Grace talked with both mouth and hands, spilling out the years she’d buried inside. She told of loving Toby, of the hurt when Sophie left, of all the times she’d wanted something and Sophie took it away, of taking care so that Sophie didn’t get into trouble.

“And now I don’t know what to do.” She stared up at Ingeborg.

“What do you want to do?”

“I don’t know, but I don’t like me like this, angry and shouting and saying things I know I shouldn’t. This is awful.”

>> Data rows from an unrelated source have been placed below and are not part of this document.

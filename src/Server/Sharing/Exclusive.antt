-- ===== src/Server/Sharing/Exclusive.antt =====
-- When two workers can have one connection of agente_c/src/server.c, and when they cannot.
use tp_sist_op.Prelude.{
  ℕ, ◌+◌, ◌<◌, ◌≤◌, Bool, true, false, Option, none, some, ◌≡◌, refl, ap, length, List, [], ◌∷◌,
  leb,
}
use tp_sist_op.Manager.NodeList.{buff_size}
use tp_sist_op.Server.{enqueue_write}
use tp_sist_op.Server.Epoll.{Mask, Socket, post}
use tp_sist_op.Server.Sharing.{
  Shared, Step, report, take, send, free, Reach, here, next, idle, disarm, mark, enqueued,
}

abbrev pub is_armed : Option Mask → ℕ
is_armed none = 0
is_armed (some k) = 1

abbrev pub one_if : Bool → ℕ
one_if false = 0
one_if true = 1

-- The connection is in one place at most: registered, reported, handled or freed.
pub record IsExclusive (s : Shared) : Type 0 where
  pub once : is_armed s.socket.armed + s.reported + s.handling + one_if s.freed ≤ 1
  pub marked : 0 < s.handling → s.socket.in_handler ≡ true

-- What `enqueue_write` leaves of an idle connection, if the message fits and `EPOLL_CTL_MOD` succeeds.
post_fits :
    (msg : List ℕ) (conn : Socket)
    → conn.in_handler ≡ false
    → leb buff_size (length conn.buffers.write_buf + length msg) ≡ false
    → post true msg (disarm conn) ≡ record conn {
      buffers = enqueue_write msg conn.buffers;
      armed = some (record { read = true; write = true; oneshot = true });
    }
unfolding post disarm
post_fits msg conn i fits = rw fits (rw i refl)

-- For every registered connection that nobody handles and every message that fits its buffer there is a
-- run in which this message alone is enqueued, while one event is reported and not taken, and after
-- which two workers have the connection, with the message in its buffer. One of the two can free it the
-- next moment, while the other has it.
pub Reach-two_workers :
    (conn : Socket) (k : Mask) (msg : List ℕ)
    → conn.armed ≡ some k
    → conn.in_handler ≡ false
    → leb buff_size (length conn.buffers.write_buf + length msg) ≡ false
    → (t u : Shared) × (r : Reach (idle conn) t) × (enqueued r ≡ (1, msg) ∷ [])
      × (t.handling ≡ 2)
      × (t.socket.buffers ≡ enqueue_write msg conn.buffers)
      × Step t u
      × (u.freed ≡ true)
      × (u.handling ≡ 1)
unfolding disarm mark
Reach-two_workers conn k msg e i fits =
    let sent_to = post_fits msg conn i fits in
    (
      _,
      _,
      next
          (next
            (next (next (next here (report k refl e)) (send true msg refl))
              (report _ refl (ap (λ s. s.armed) sent_to)))
            (take 1 refl))
          (take 0 refl),
      refl,
      refl,
      ap (λ s. s.buffers) sent_to,
      free 1 refl refl,
      refl,
      refl,
    )
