-- ===== src/Startup.antt =====
-- agente_c/src/main.c: the configuration, the announcement and the round of the thread that sends it,
-- with `send_udp_broadcast` of agente_c/src/server.c.
pub mod Announcement
pub mod Heartbeat
pub mod Service
use tp_sist_op.Prelude.{
  ℕ, Bool, true, false, List, [], ◌∷◌, ◌++◌, Option, none, some, if◌then◌else◌, take,
}
use tp_sist_op.Prelude.Int.{ℤ, pos}
use tp_sist_op.Text.{print_int}
use tp_sist_op.Text.Scan.{scan_int}
use tp_sist_op.Parsing.{cpu_name, mem_name, gpu_name, announce_word}
use tp_sist_op.Nodes.{tabla_nodos_purge}
use tp_sist_op.Manager.{ResourceManager, manager_init, manager_set_ip}
use tp_sist_op.Manager.Events.{manager_destroy}
use tp_sist_op.Server.Epoll.{Listening}
use tp_sist_op.Server.Worker.{Agent}

abbrev pub udp_discovery_port : ℕ
udp_discovery_port = 12529

-- `config_t`.
pub record Config : Type 0 where
  pub ip : List ℕ
  pub port : ℤ
  pub cpu : ℤ
  pub mem : ℤ
  pub gpu : ℤ

-- `(int) strtol(s, NULL, 10)`, which is what `%d` reads, and 0 where it reads nothing.
unfoldable pub atoi : List ℕ → ℤ
unfolding scan_int
atoi s = elim (scan_int s) [ none ↦ pos 0 | some (n, rest) ↦ n ]

-- `argv` has the name of the program and five arguments; `strncpy` into `char ip[16]` keeps 15 bytes.
unfoldable pub read_config : List (List ℕ) → Option Config
unfolding atoi
read_config (name ∷ ip ∷ port ∷ cpu ∷ mem ∷ gpu ∷ []) =
    some
      (record { ip = take 15 ip; port = atoi port; cpu = atoi cpu; mem = atoi mem; gpu = atoi gpu })
read_config argv = none

-- `%s:%d`.
unfoldable pub print_component : List ℕ → ℤ → List ℕ
unfolding print_int
print_component name n = name ++ b':' ∷ print_int n

-- `"ANNOUNCE %d cpu:%d mem:%d gpu:%d\n"`.
unfoldable pub announce_text : Config → List ℕ
unfolding print_int print_component
announce_text cfg =
    announce_word
    ++ b' '
      ∷ (print_int cfg.port
          ++ b' '
            ∷ (print_component cpu_name cfg.cpu
                ++ b' '
                  ∷ (print_component mem_name cfg.mem
                      ++ b' ' ∷ (print_component gpu_name cfg.gpu ++ b'\n' ∷ []))))

-- `snprintf` into `char announce_msg[256]` keeps 255 bytes.
unfoldable pub announce_msg : Config → List ℕ
unfolding announce_text
announce_msg cfg = take 255 (announce_text cfg)

-- What the system answers to `socket`, `setsockopt` and `sendto`: true where the call succeeds.
pub record BroadcastCalls : Type 0 where
  pub socket : Bool
  pub setsockopt : Bool
  pub sendto : Bool

-- A datagram that was sent, to every host of the network.
pub record Datagram : Type 0 where
  pub port : ℕ
  pub message : List ℕ

unfoldable pub send_udp_broadcast : BroadcastCalls → ℕ → List ℕ → Option Datagram
send_udp_broadcast calls port message =
    if calls.socket
    then if calls.setsockopt
      then if calls.sendto then some (record { port = port; message = message }) else none
      else none
    else none

-- One round of `broadcast_loop`, at the time `now`.
unfoldable pub broadcast_round :
    Config → BroadcastCalls → ℤ → ResourceManager → Option Datagram × ResourceManager
unfolding send_udp_broadcast announce_msg tabla_nodos_purge
broadcast_round cfg calls now m = (
  send_udp_broadcast calls udp_discovery_port (announce_msg cfg),
  record m { nodos = tabla_nodos_purge m.nodos (pos 15) now },
)

-- How the start goes: the usage is printed, there is no epoll, a socket does not listen, a thread cannot be
-- made, or the agent runs, with the datagram that was sent first.
pub data Start : Type 0 where
  usage : Start
  network_failure : ResourceManager → Start
  socket_failure : Start
  thread_failure : Option Datagram → Start
  running : Config → Agent → Option Datagram → Start

unfoldable pub first_manager : Config → ResourceManager
unfolding manager_init manager_set_ip
first_manager cfg = manager_set_ip cfg.ip (manager_init cfg.cpu cfg.mem cfg.gpu)

-- `main` up to the point where the threads run: `network` is the result of `init_server_sockets`, and
-- `threads` that of the calls of `pthread_create`.
unfoldable pub main : Listening → Bool → BroadcastCalls → List (List ℕ) → Start
unfolding read_config first_manager manager_destroy send_udp_broadcast announce_msg
main network threads calls argv = elim (read_config argv) [
  | none ↦ Start.usage
  | some cfg ↦ elim network [
    | Listening.no_epoll ↦ Start.network_failure (manager_destroy (first_manager cfg))
    | Listening.exited ↦ Start.socket_failure
    | Listening.listening live ↦
        let sent = send_udp_broadcast calls udp_discovery_port (announce_msg cfg) in
        if threads
        then Start.running cfg (record { manager = first_manager cfg; live = live }) sent
        else Start.thread_failure sent
  ]
]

“You need some time to get over loving Toby.”

“You think I really love him?”

“I think you have for a long time, and if he loved you back, you would know what to do. But since he says he’s in love with someone else, you have to let go and pray that he will be happy.”

“But that’s so hard.”

“Of course it is, but this is where God will come in to help you if you ask Him and follow His guidance.”

“God doesn’t talk to me like He does to you and Mor.”

“Could it be that you’ve not talked much with Him, not spent time in His Word? Loving God is a lifetime lesson. It never happens all at once. Think how you had to work to learn to speak. I remember you struggled so hard, yet you were so determined. And you still are. I know God has something wonderful in store for you, and if you search His Word, you will learn and grow.”

“I want to be wise like you and Mor.”

“We have both prayed for and sought wisdom for years. You are just seeing the end result of hours of prayer. God always promises wisdom to those who seek it.”

“Mange takk.” Grace rose to her feet. When Ingeborg stood, Grace wrapped her arms around her aunt and the two stood together, locked in love.